A $q$-element check, $q\leq 5$, on the sequence $f_1, f_2, \dots, f_n$ of $n$ elements in $F_{101}$, $n\leq 10$, is given by

$c_j = \sum_{i=1}^n a_i^j f_i,\ \ \ \ \ (j=1,2,\dots, q).$
This check, being based upon the matrix $A$, will be called a check of “type $A$”.

With

$b_1 = 3, \ b_2 = 4, \ b_3 = 5, \ b_4 = 6, \ b_5 = 8, \ b_6 = 25, \ b_7 = 35, \ b_8 = 1, \$
consider the matrix:

$B = \left( \begin{array}{cccc} b_1 & b_2 & \dots & b_{8} \\ b_1^2 & b_2^2 & \dots & b_{8}^2 \\ \vdots & & & \vdots \\ b_1^5 & b_2^5 & \dots & b_{8}^5 \\ \end{array} \right) = \left(\begin{array}{rrrrrrrrrr} 3 & 4 & 5 & 6 & 8 & 25 & 35 & 1 \\ 9 & 16 & 25 & 36 & 64 & 19 & 13 & 1 \\ 27 & 64 & 24 & 14 & 7 & 71 & 51 & 1 \\ 81 & 54 & 19 & 84 & 56 & 58 & 68 & 1 \\ 41 & 14 & 95 & 100 & 44 & 36 & 57 & 1 \end{array}\right)$
which is evidently a submatrix of $latex A$. We can obtain a $latex q$-element check, $latex q\leq 5$, on the sequence $latex f_1, f_2, \dots, f_n$, $latex n\leq 8$, taking

$c_j = \sum_{i=1}^n b_i^j f_i,\ \ \ \ \ (j=1,2,\dots, q).$
This check will be called a check of “type $latex B$”, since it is based upon the matrix $latex B$.

Table 4 below enables us to evaluate easily the checks of types A and B. Table 4 contains nine rows of one hundred columns each. [Note: I have omitted all but the first $14$ columns, for brevity. – wdj.] The $i$th row shows the products of all non-zero elements of $F_{101}$ by $a_i$ ($i=1,2,\dots, 9$), where the $a_i$‘s are given above.

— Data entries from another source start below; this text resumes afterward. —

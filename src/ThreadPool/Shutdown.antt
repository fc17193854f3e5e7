-- ===== src/ThreadPool/Shutdown.antt =====
-- What `shutdown` leaves when its joins are done.
use mathlib.Core.List.{append-nil}
use edgy.Prelude.{
  ℕ, zero, suc, ◌≡◌, ◌==◌, Bool, true, false, if◌then◌else◌, List, [], ◌∷◌, ◌++◌, length, refl, sym,
  ap, ◌∙◌, arith,
}
use edgy.ThreadPool.{
  Worker, waiting, running, returned, Jobs, ThreadPool, take_job, next, work, submit, request_stop,
  all_returned, thread_pool, waiting_workers,
}
use edgy.ThreadPool.Order.{
  Event, submitted, worked, stopped, submit_or_throw, step, run, started, accepted, started-run,
}
use edgy.ThreadPool.Pending.{busy, run-pending}

module _ {J : Type 0} where
  -- The pool is stopped and no job waits.
  abbrev Drained : Jobs J → Type 0
  Drained s = (s.stop ≡ true) × (s.jobs ≡ [])

  -- A worker has returned only from a pool that is drained.
  Right : Worker J → Jobs J → Type 0
  Right waiting s = Unit
  Right (running job) s = Unit
  Right returned s = Drained s

  AllRight : List (Worker J) → Jobs J → Type 0
  AllRight [] s = Unit
  AllRight (w ∷ ws) s = Right w s × AllRight ws s

  Right-change : (w : Worker J) (s t : Jobs J) → (Drained s → Drained t) → Right w s → Right w t
  unfolding Right
  Right-change waiting s t f r = tt
  Right-change (running job) s t f r = tt
  Right-change returned s t f r = f r

  AllRight-change :
      (ws : List (Worker J)) (s t : Jobs J)
      → (Drained s → Drained t)
      → AllRight ws s
      → AllRight ws t
  unfolding AllRight
  AllRight-change [] s t f r = tt
  AllRight-change (w ∷ ws) s t f (r, rs) = (Right-change w s t f r, AllRight-change ws s t f rs)

  next-Drained : (w : Worker J) (s : Jobs J) → Drained s → Drained (next w s).1
  unfolding next take_job
  next-Drained waiting s (st, j) = rw j (by_stop s.stop st)
    where
      by_stop : (b : Bool) → b ≡ true → Drained (take_job (record s { jobs = []; stop = b })).1
      by_stop true e = (refl, refl)
      by_stop false e = absurd (ground arith)
  next-Drained (running job) s d = d
  next-Drained returned s d = d

  next-Right : (w : Worker J) (s : Jobs J) → Right w s → Right (next w s).0 (next w s).1
  unfolding Right next take_job
  next-Right waiting s r = from_jobs s.jobs s.stop
    where
      from_jobs :
          (jobs : List J) (b : Bool)
          → Right
              (take_job (record s { jobs = jobs; stop = b })).0
              (take_job (record s { jobs = jobs; stop = b })).1
      from_jobs [] true = (refl, refl)
      from_jobs [] false = tt
      from_jobs (job ∷ jobs) b = tt
  next-Right (running job) s r = tt
  next-Right returned s r = r

  work-Drained : (i : ℕ) (ws : List (Worker J)) (s : Jobs J) → Drained s → Drained (work i ws s).1
  unfolding work
  work-Drained i [] s d = d
  work-Drained zero (w ∷ ws) s d = next-Drained w s d
  work-Drained (suc i) (w ∷ ws) s d = work-Drained i ws s d

  work-AllRight :
      (i : ℕ) (ws : List (Worker J)) (s : Jobs J)
      → AllRight ws s
      → AllRight (work i ws s).0 (work i ws s).1
  unfolding work AllRight
  work-AllRight i [] s r = tt
  work-AllRight zero (w ∷ ws) s (r, rs) =
      (next-Right w s r, AllRight-change ws s (next w s).1 (next-Drained w s) rs)
  work-AllRight (suc i) (w ∷ ws) s (r, rs) =
      (Right-change w s (work i ws s).1 (work-Drained i ws s) r, work-AllRight i ws s rs)

  submit-Drained : (job : J) (s : Jobs J) → Drained s → Drained (submit_or_throw job s)
  unfolding submit_or_throw submit
  submit-Drained job s (st, j) = rw st (refl, j)

  step-AllRight :
      (p : ThreadPool J) (e : Event J)
      → AllRight p.workers p.shared
      → AllRight (step p e).workers (step p e).shared
  unfolding step request_stop
  step-AllRight p (submitted job) r =
      AllRight-change p.workers p.shared (submit_or_throw job p.shared)
        (submit-Drained job p.shared) r
  step-AllRight p (worked i) r = work-AllRight i p.workers p.shared r
  step-AllRight p stopped r =
      AllRight-change p.workers p.shared (request_stop p.shared) (λ d. (refl, d.1)) r

  run-AllRight :
      (p : ThreadPool J) (es : List (Event J))
      → AllRight p.workers p.shared
      → AllRight (run p es).workers (run p es).shared
  unfolding run
  run-AllRight p [] r = r
  run-AllRight p (e ∷ es) r = run-AllRight (step p e) es (step-AllRight p e r)

  length-work : (i : ℕ) (ws : List (Worker J)) (s : Jobs J) → length (work i ws s).0 ≡ length ws
  unfolding work
  length-work i [] s = refl
  length-work zero (w ∷ ws) s = refl
  length-work (suc i) (w ∷ ws) s = ap suc (length-work i ws s)

  length-run :
      (p : ThreadPool J) (es : List (Event J)) → length (run p es).workers ≡ length p.workers
  unfolding run step
  length-run p [] = refl
  length-run p (submitted job ∷ es) = length-run (step p (submitted job)) es
  length-run p (worked i ∷ es) =
      length-run (step p (worked i)) es ∙ length-work i p.workers p.shared
  length-run p (stopped ∷ es) = length-run (step p stopped) es

  waiting_workers-AllRight : (n : ℕ) (s : Jobs J) → AllRight (waiting_workers n) s
  unfolding AllRight Right waiting_workers
  waiting_workers-AllRight zero s = tt
  waiting_workers-AllRight (suc n) s = (tt, waiting_workers-AllRight n s)

module _ (J : Type 0) where
  new-AllRight : (n : ℕ) → AllRight {J = J} (thread_pool n).workers (thread_pool n).shared
  unfolding thread_pool
  new-AllRight n = waiting_workers-AllRight (if n == 0 then 1 else n) _

  new-some : (n : ℕ) → length (thread_pool {J = J} n).workers ≡ 0 → ⊥
  unfolding thread_pool waiting_workers
  new-some zero e = omega (arith, e)
  new-some (suc n) e = nonempty (suc n == 0) e
    where
      nonempty : (b : Bool) → length (waiting_workers {J = J} (if b then 1 else suc n)) ≡ 0 → ⊥
      nonempty true h = omega (arith, h)
      nonempty false h = omega (arith, h)

module _ {J : Type 0} where
  all_returned-Drained :
      (ws : List (Worker J)) (s : Jobs J)
      → (length ws ≡ 0 → ⊥)
      → AllRight ws s
      → all_returned ws ≡ true
      → Drained s
  unfolding AllRight Right all_returned
  all_returned-Drained [] s some_worker r h = absurd (some_worker refl)
  all_returned-Drained (waiting ∷ ws) s some_worker r h = absurd (ground arith)
  all_returned-Drained (running job ∷ ws) s some_worker r h = absurd (ground arith)
  all_returned-Drained (returned ∷ ws) s some_worker (r, rs) h = r

  busy-all_returned : (ws : List (Worker J)) → all_returned ws ≡ true → busy ws ≡ 0
  unfolding busy all_returned
  busy-all_returned [] h = refl
  busy-all_returned (waiting ∷ ws) h = absurd (ground arith)
  busy-all_returned (running job ∷ ws) h = absurd (ground arith)
  busy-all_returned (returned ∷ ws) h = busy-all_returned ws h

  -- When every worker of a pool has returned, as the joins of `shutdown` wait for, the pool is
  -- stopped, nothing is pending, and the jobs that have started are all those that were accepted, in
  -- order.
  pub shutdown-started :
      (n : ℕ) (es : List (Event J))
      → all_returned (run (thread_pool n) es).workers ≡ true
      → ((run (thread_pool n) es).shared.stop ≡ true)
        × ((run (thread_pool n) es).shared.pending ≡ 0)
        × (started (thread_pool n) es ≡ accepted (thread_pool n) es)
  unfolding thread_pool
  shutdown-started n es h =
      let d =
        all_returned-Drained (run (thread_pool n) es).workers (run (thread_pool n) es).shared
          (λ e. new-some J n (sym (length-run (thread_pool n) es) ∙ e))
          (run-AllRight (thread_pool n) es (new-AllRight J n)) h in
      (
        d.0,
        omega (
          arith,
          run-pending n es,
          busy-all_returned (run (thread_pool n) es).workers h,
          ap length d.1,
        ),
        sym (append-nil (started (thread_pool n) es))
            ∙ ap (λ q. started (thread_pool n) es ++ q) (sym d.1)
            ∙ started-run (thread_pool n) es,
      )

$\begin{array}{r|rrrrrrrrrrrrrrrrrrrrrrrr} & 1 & 2 & 3 & 4 & 5 & 6 & 7 & 8 & 9 & 10 & 11 & 12 & 13 & 14 \\ \hline 1 & 3 & 6 & 9 & 12 & 15 & 18 & 21 & 24 & 27 & 30 & 33 & 36 & 39 & 42 \\ 2 & 4 & 8 & 12 & 16 & 20 & 24 & 28 & 32 & 36 & 40 & 44 & 48 & 52 & 56 \\ 3 & 5 & 10 & 15 & 20 & 25 & 30 & 35 & 40 & 45 & 50 & 55 & 60 & 65 & 70 \\ 4 & 6 & 12 & 18 & 24 & 30 & 36 & 42 & 48 & 54 & 60 & 66 & 72 & 78 & 84 \\ 5 & 8 & 16 & 24 & 32 & 40 & 48 & 56 & 64 & 72 & 80 & 88 & 96 & 3 & 11 \\ 6 & 25 & 50 & 75 & 100 & 24 & 49 & 74 & 99 & 23 & 48 & 73 & 98 & 22 & 47 \\ 7 & 35 & 70 & 4 & 39 & 74 & 8 & 43 & 78 & 12 & 47 & 82 & 16 & 51 & 86 \\ 8 & 15 & 30 & 45 & 60 & 75 & 90 & 4 & 19 & 34 & 49 & 64 & 79 & 94 & 8 \\ 9 & 42 & 84 & 25 & 67 & 8 & 50 & 92 & 33 & 75 & 16 & 58 & 100 & 41 & 83 \\ \end{array}$
Caption: A table of products with the $a_i$‘s.

Table 4 can be replaced by a highly convenient mechanical device, which greatly facilitates the rapid determination of the $c_j$‘s. But we are here only concerned with the mathematical description of checking operations, and not with devices to affect their practical application.